The two halves of the city admittedly developed decades apart, but characteristic of both are the large rectangular buildings, an average of 20m high, most of which have a courtyard. Because of this, strict building regulations were drawn up for new developments, particularly in the historic heart of Berlin, where there is also a strong focus on restoration.

The city had to be pedestrian and cyclist friendly, with fewer cars. All parking space and collection and delivery space had to be provided underground, while all commercial buildings had to include 20% living space to prevent the city centre from becoming deserted after office hours.

In über-cool territory

And that’s the way it is now, in über-cool Prenzlauerberg northeast of Mitte (the historic heart), energetic Friedrichshain (‘the new Prenzlauerberg’), bohemian Kreuzberg, even in the wistful old neighbourhood of Charlottenburg. In a city where more than half the residents are younger than 40, sleep is not a priority.

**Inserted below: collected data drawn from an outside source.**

-- ===== src/RateLimit/Tests.antt =====
-- The theorems of the rate limiter at concrete inputs, and runs of the code.
use runixo_agent.Prelude.{
  ℕ, ◌+◌, ◌*◌, ◌≤◌, ◌≡◌, refl, true, none, some, [], ◌∷◌, Text, codes, arith, lookup, insert,
  ne_of_text_eq, text_eq, if◌then◌else◌,
}
use runixo_agent.RateLimit.Bucket.{TokenBucket, token_unit, allow}
use runixo_agent.RateLimit.Bucket.Rate.{run_allow, run_allow-le-capacity}
use runixo_agent.RateLimit.Limiter.{
  Limiter, ClientCounter, default_config, new_limiter, seen_or_new, cleanup, get_client_ip,
  allow_file_op,
}
use runixo_agent.RateLimit.Limiter.Kinds.{request, command, file_op, allow_kind, bucket_of}
use runixo_agent.RateLimit.Limiter.Isolation.{allow_kind_isolated}
use runixo_agent.RateLimit.Limiter.Cleanup.{Call, answers, after_calls, answers-cleanup, IsGenerous}
use runixo_agent.RateLimit.Methods.{
  handled, resource_exhausted, unary_interceptor, is_command_method, is_file_method,
}
use runixo_agent.RateLimit.Methods.Interceptor.{unary_interceptor_gate, kind_of}

-- Two tokens at most, sixty a minute.
abbrev small : TokenBucket
small = record {
  tokens = 2 * token_unit;
  max_tokens = 2 * token_unit;
  refill_rate = 60;
  last_refill = 100;
}

burst_then_refused : (run_allow small (100 ∷ 101 ∷ 102 ∷ 1_000_000_102 ∷ [])).1 ≡ 3
unfolding run_allow allow
burst_then_refused = refl

run_allow-le-capacity_example :
    (run_allow small (1_000_000 ∷ 1_000_001 ∷ 1_000_002 ∷ [])).1 * token_unit
    ≤ small.max_tokens + 2 * small.refill_rate
run_allow-le-capacity_example =
    run_allow-le-capacity small 1_000_000 (1_000_000 ∷ 1_000_001 ∷ 1_000_002 ∷ []) 2 (omega arith)
      (omega arith) (omega arith)

abbrev empty_bucket : TokenBucket
empty_bucket = record small { tokens = 0 }

abbrev fresh : Limiter
fresh = new_limiter none

allow_kind_isolated_example :
    let before =
      seen_or_new 5 fresh.config (lookup (get_client_ip (some (codes "a"))) fresh.counters) in
    let (l', allowed) = allow_kind request 5 (some (codes "a")) fresh in
    (c : ClientCounter) × (lookup (get_client_ip (some (codes "a"))) l'.counters ≡ some c)
    × (allowed ≡ (allow 5 (bucket_of request before)).1)
    × (bucket_of request c ≡ (allow 5 (bucket_of request before)).0)
    × (bucket_of command c ≡ bucket_of command before)
    × (lookup (codes "b") l'.counters ≡ lookup (codes "b") fresh.counters)
unfolding new_limiter get_client_ip text_eq
allow_kind_isolated_example =
    allow_kind_isolated request command 5 (some (codes "a")) fresh (codes "b") refl (λ e. cc)
      (ne_of_text_eq refl)

abbrev call_at : ℕ → Call
call_at t = record { kind = command; time = t; peer = some (codes "10.0.0.1:5000") }

default-IsGenerous : IsGenerous default_config
unfolding default_config
default-IsGenerous request = omega arith
default-IsGenerous command = omega arith
default-IsGenerous file_op = omega arith

answers-cleanup_example :
    answers
      (call_at 700_000_000_000 ∷ [])
      (cleanup 700_000_000_000 (after_calls (call_at 3 ∷ call_at 4 ∷ []) fresh))
    ≡ answers (call_at 700_000_000_000 ∷ []) (after_calls (call_at 3 ∷ call_at 4 ∷ []) fresh)
unfolding new_limiter
answers-cleanup_example =
    answers-cleanup none (call_at 3 ∷ call_at 4 ∷ []) (call_at 700_000_000_000 ∷ []) 700_000_000_000
      default-IsGenerous (omega arith) (omega arith) (omega arith)

kill_is_command : is_command_method (codes "/runixo.AgentService/KillProcess") ≡ true
unfolding is_command_method
kill_is_command = refl

-- A handler that counts its runs.
abbrev counting : ℕ → ℕ × Text
counting n = (n + 1, codes "ok")

unary_interceptor_gate_example :
    let (l', allowed) = allow_kind (kind_of (codes "/a/ReadFile")) 9 none fresh in
    unary_interceptor counting 9 none (codes "/a/ReadFile") fresh 0 ≡ (
      if allowed then (l', (counting 0).0, handled (counting 0).1) else (l', 0, resource_exhausted))
unary_interceptor_gate_example =
    unary_interceptor_gate counting 9 none fresh 0 (codes "/a/ReadFile")

unary_runs : (unary_interceptor counting 9 none (codes "/a/ReadFile") fresh 0).1 ≡ 1
unfolding unary_interceptor new_limiter is_command_method is_file_method allow_file_op lookup insert
    allow
unary_runs = refl
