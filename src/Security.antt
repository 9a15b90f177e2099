-- ===== src/Security.antt =====
-- internal/security: the checks of commands and of paths.
pub mod Config
pub mod Regex
pub mod Path
pub mod Commands
pub mod Paths
mod Tests
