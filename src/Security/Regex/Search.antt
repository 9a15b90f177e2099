-- ===== src/Security/Regex/Search.antt =====
-- The matcher finds a match exactly when the language has one in the text.
use runixo_agent.Prelude.{
  ℕ, ◌≡◌, ◌↔◌, ◌⊎◌, inl, inr, refl, sym, ap, ◌∙◌, Bool, true, false, ◌&&◌, ◌||◌, List, [], ◌∷◌,
  ◌++◌, Text, All, if◌then◌else◌, arith,
}
use mathlib.Core.Path.{subst}
use runixo_agent.Security.Regex.{
  Regex, never, done, one, then_, either, star, nullable, derive, match_here, match_string, Lang,
  joined,
}

empty_ends : (u v : Text) → [] ≡ u ++ v → (u ≡ []) × (v ≡ [])
empty_ends [] v e = (refl, sym e)
empty_ends (x ∷ u) v e = absurd (cc)

Empties : Regex → Type 0
Empties r = (nullable r ≡ true) ↔ Lang r []

nullable_then : (r q : Regex) → Empties r → Empties q → Empties (then_ r q)
unfolding Empties nullable
nullable_then r q er eq = (
  λ h. ([], [], refl, er.0 (ground arith), eq.0 (ground arith)),
  λ (u, v, e, l, k). both (empty_ends u v e) l k,
)
  where
    both :
        {u v : Text} → (u ≡ []) × (v ≡ []) → Lang r u → Lang q v → (nullable r && nullable q) ≡ true
    both e l k = ground (arith, er.1 (subst (Lang r) e.0 l), eq.1 (subst (Lang q) e.1 k))

nullable_either : (r q : Regex) → Empties r → Empties q → Empties (either r q)
unfolding Empties nullable
nullable_either r q er eq = (
  from (nullable r) refl,
  λ h. elim h [ inl l ↦ ground (arith, er.1 l) | inr l ↦ ground (arith, eq.1 l) ],
)
  where
    from : (b : Bool) → nullable r ≡ b → (b || nullable q) ≡ true → Lang r [] ⊎ Lang q []
    from true e h = inl (er.0 e)
    from false e h = inr (eq.0 h)

nullable_iff : (r : Regex) → Empties r
unfolding Empties nullable
nullable_iff never = (λ h. absurd cc, λ h. absurd h)
nullable_iff done = (λ h. refl, λ h. refl)
nullable_iff (one p) = (λ h. absurd cc, λ h. absurd (cons_nil h.0 h.1))
  where
    cons_nil : (c : ℕ) → [] ≡ c ∷ [] → ⊥
    cons_nil c e = cc
nullable_iff (then_ r q) = nullable_then r q (nullable_iff r) (nullable_iff q)
nullable_iff (either r q) = nullable_either r q (nullable_iff r) (nullable_iff q)
nullable_iff (star r) = (λ h. ([], refl, tt), λ h. refl)

-- A text that begins with `c` cut in two: either the first half is empty or it begins with `c`.
cut :
    (u v s : Text) (c : ℕ)
    → c ∷ s ≡ u ++ v
    → ((u ≡ []) × (v ≡ c ∷ s)) ⊎ ((u' : Text) × (u ≡ c ∷ u') × (s ≡ u' ++ v))
cut [] v s c e = inl (refl, sym e)
cut (x ∷ u) v s c e = inr (u, cc, cc)

Derives : ℕ → Regex → Type 0
Derives c r = (s : Text) → Lang (derive c r) s ↔ Lang r (c ∷ s)

derive_one : (c : ℕ) (p : ℕ → Bool) → Derives c (one p)
unfolding Derives derive
derive_one c p s = by_test (p c) refl
  where
    by_test : (b : Bool) → p c ≡ b → Lang (if b then done else never) s ↔ Lang (one p) (c ∷ s)
    by_test true e = (λ h. (c, ap (◌∷◌ c) h, e), λ h. cc)
    by_test false e = (λ h. absurd h, λ h. absurd (differs h.0 h.1 h.2))
      where
        differs : (d : ℕ) → c ∷ s ≡ d ∷ [] → p d ≡ true → ⊥
        differs d f g = cc

derive_then : (c : ℕ) (r q : Regex) → Derives c r → Derives c q → Derives c (then_ r q)
unfolding Derives derive Empties
derive_then c r q dr dq s = by_test (nullable r) refl
  where
    longer : Lang (then_ (derive c r) q) s → Lang (then_ r q) (c ∷ s)
    longer (u, v, e, l, k) = (c ∷ u, v, ap (◌∷◌ c) e, (dr u).0 l, k)

    parts :
        (l : Lang (then_ r q) (c ∷ s))
        → (Lang r [] × Lang (derive c q) s) ⊎ Lang (then_ (derive c r) q) s
    parts (u, v, e, l, k) = elim (cut u v s c e) [
      | inl (f, g) ↦ inl (subst (Lang r) f l, (dq s).1 (subst (Lang q) g k))
      | inr (u', f, g) ↦ inr (u', v, g, (dr u').1 (subst (Lang r) f l), k)
    ]

    by_test :
        (b : Bool)
        → nullable r ≡ b
        → Lang (if b then either (then_ (derive c r) q) (derive c q) else then_ (derive c r) q) s
          ↔ Lang (then_ r q) (c ∷ s)
    by_test true e = (
      λ h. elim h [
        | inl l ↦ longer l
        | inr l ↦ ([], c ∷ s, refl, (nullable_iff r).0 e, (dq s).0 l)
      ],
      λ h. elim (parts h) [ inl l ↦ inr l.1 | inr l ↦ inl l ],
    )
    by_test false e = (longer, λ h. elim (parts h) [ inl l ↦ absurd (not_empty l.0) | inr l ↦ l ])
      where
        not_empty : Lang r [] → ⊥
        not_empty l = ground (arith, (nullable_iff r).1 l)

derive_star : (c : ℕ) (r : Regex) → Derives c r → Derives c (star r)
unfolding Derives derive
derive_star c r dr s = (
  λ (u, v, e, l, (us, f, a)). ((c ∷ u) ∷ us, ap (◌∷◌ c) (e ∙ ap (λ t. u ++ t) f), ((dr u).0 l, a)),
  λ (us, e, a). back us e a,
)
  where
    back :
        (us : List Text)
        → c ∷ s ≡ joined us
        → All (λ u. Lang r u) us
        → Lang (then_ (derive c r) (star r)) s
    back [] e a = absurd (cc)
    back (u ∷ us) e a = elim (cut u (joined us) s c e) [
      | inl (f, g) ↦ back us (sym g) a.1
      | inr (u', f, g) ↦ (u', joined us, g, (dr u').1 (subst (Lang r) f a.0), (us, refl, a.1))
    ]

derive_iff : (c : ℕ) (r : Regex) → Derives c r
unfolding Derives derive
derive_iff c never s = (λ h. absurd h, λ h. absurd h)
derive_iff c done s = (λ h. absurd h, λ h. absurd (cc))
derive_iff c (one p) s = derive_one c p s
derive_iff c (then_ r q) s = derive_then c r q (derive_iff c r) (derive_iff c q) s
derive_iff c (either r q) s = (
  λ h. elim h [ inl l ↦ inl ((derive_iff c r s).0 l) | inr l ↦ inr ((derive_iff c q s).0 l) ],
  λ h. elim h [ inl l ↦ inl ((derive_iff c r s).1 l) | inr l ↦ inr ((derive_iff c q s).1 l) ],
)
derive_iff c (star r) s = derive_star c r (derive_iff c r) s

-- A match at the beginning of the text.
Starts : Regex → Text → Type 0
Starts r s = (u : Text) × (after : Text) × (s ≡ u ++ after) × Lang r u

match_here_iff : (r : Regex) (s : Text) → (match_here r s ≡ true) ↔ Starts r s
unfolding match_here Starts Empties Derives
match_here_iff r [] = (
  λ h. ([], [], refl, (nullable_iff r).0 h),
  λ (u, after, e, l). (nullable_iff r).1 (subst (Lang r) (empty_ends u after e).0 l),
)
match_here_iff r (c ∷ s) = step (match_here_iff (derive c r) s)
  where
    step :
        (match_here (derive c r) s ≡ true) ↔ Starts (derive c r) s
        → (match_here r (c ∷ s) ≡ true) ↔ Starts r (c ∷ s)
    step ih = (forth (nullable r) refl, back)
      where
        forth :
            (b : Bool) → nullable r ≡ b → (b || match_here (derive c r) s) ≡ true → Starts r (c ∷ s)
        forth true e h = ([], c ∷ s, refl, (nullable_iff r).0 e)
        forth false e h =
            let (u, after, f, l) = ih.0 h in (c ∷ u, after, ap (◌∷◌ c) f, (derive_iff c r u).0 l)

        back : Starts r (c ∷ s) → (nullable r || match_here (derive c r) s) ≡ true
        back (u, after, e, l) = elim (cut u after s c e) [
          | inl (f, g) ↦ ground (arith, (nullable_iff r).1 (subst (Lang r) f l))
          | inr (u', f, g) ↦
              ground (arith, ih.1 (u', after, g, (derive_iff c r u').1 (subst (Lang r) f l)))
        ]

-- A text of the language stands somewhere in `s`.
abbrev pub Holds : Regex → Text → Type 0
Holds r s = (before : Text) × (u : Text) × (after : Text) × (s ≡ before ++ (u ++ after)) × Lang r u

-- The matcher answers true exactly when some piece of the text belongs to the language of the
-- regular expression.
pub match_string_iff : (r : Regex) (s : Text) → (match_string r s ≡ true) ↔ Holds r s
unfolding match_string Starts
match_string_iff r [] = (
  λ h. let (u, after, e, l) = (match_here_iff r []).0 h in ([], u, after, e, l),
  λ (before, u, after, e, l).
      (match_here_iff r []).1 (u, after, sym (empty_ends before (u ++ after) e).1, l),
)
match_string_iff r (c ∷ s) = step (match_string_iff r s)
  where
    step : (match_string r s ≡ true) ↔ Holds r s → (match_string r (c ∷ s) ≡ true) ↔ Holds r (c ∷ s)
    step ih = (forth (match_here r (c ∷ s)) refl, back)
      where
        forth :
            (b : Bool) → match_here r (c ∷ s) ≡ b → (b || match_string r s) ≡ true → Holds r (c ∷ s)
        forth true e h =
            let (u, after, f, l) = (match_here_iff r (c ∷ s)).0 e in ([], u, after, f, l)
        forth false e h =
            let (before, u, after, f, l) = ih.0 h in (c ∷ before, u, after, ap (◌∷◌ c) f, l)

        back : Holds r (c ∷ s) → (match_here r (c ∷ s) || match_string r s) ≡ true
        back (before, u, after, e, l) = elim (cut before (u ++ after) s c e) [
          | inl (f, g) ↦ ground (arith, (match_here_iff r (c ∷ s)).1 (u, after, sym g, l))
          | inr (before', f, g) ↦ ground (arith, ih.1 (before', u, after, g, l))
        ]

Three blocks away from Engelbert’s sausage stall I see two grey-haired, handbag-clutching ladies peering into a shop window, shading their eyes. They are staring at a TV screen, flickering at the back of a sex shop specialising in S&M accessories and leather gear. It’s just possible to make out an orgy of naked men on the screen, flogging each other with horsewhips.

‘Was ist das?’ asks the lady with the glasses. ‘Artists,’ says her companion firmly. ‘Here, they are all artists, or politicians.’

Berlin is also the German city with the most students, foreigners (around 180 nationalities), entrepreneurs, parks and graffiti. It’s also the city with the highest unemployment figures, the cheapest accommodation (to buy or rent), office space, transport and food, the most individual fashion (hoodies are big), the smelliest drains, the most hope, the most irony. And the most wounds – some still raw, some crusting over, some no more than fading scars, the rest long hidden beneath the surface, but forgotten least of all.

An old taxi driver takes to me to Tegel Airport. He doesn’t talk much – his English is not great. I read in Radius Berlin that, in order to survive in Berlin you must be at ease with endless change; it’s like applying coat upon coat of paint and sanding it off again. And in The New York Times Daniel Libeskind says: ‘Berlin is still three-quarters imagination and a quarter reality. Here, it is still all about dreams.’

The taxi driver tut-tuts, shakes his head and gives a young lout at the red light a disapproving glance. It’s his T-shirt, emblazoned with the face of Karl Marx and the words ‘White Trash’ that upsets him.

‘Ostalgie,’ he barks, referring to a trendy hankering for the time before the Wall came down. ‘We may not know where we’re going, but I’m old enough to know where we came from. And nobody wants to go back.’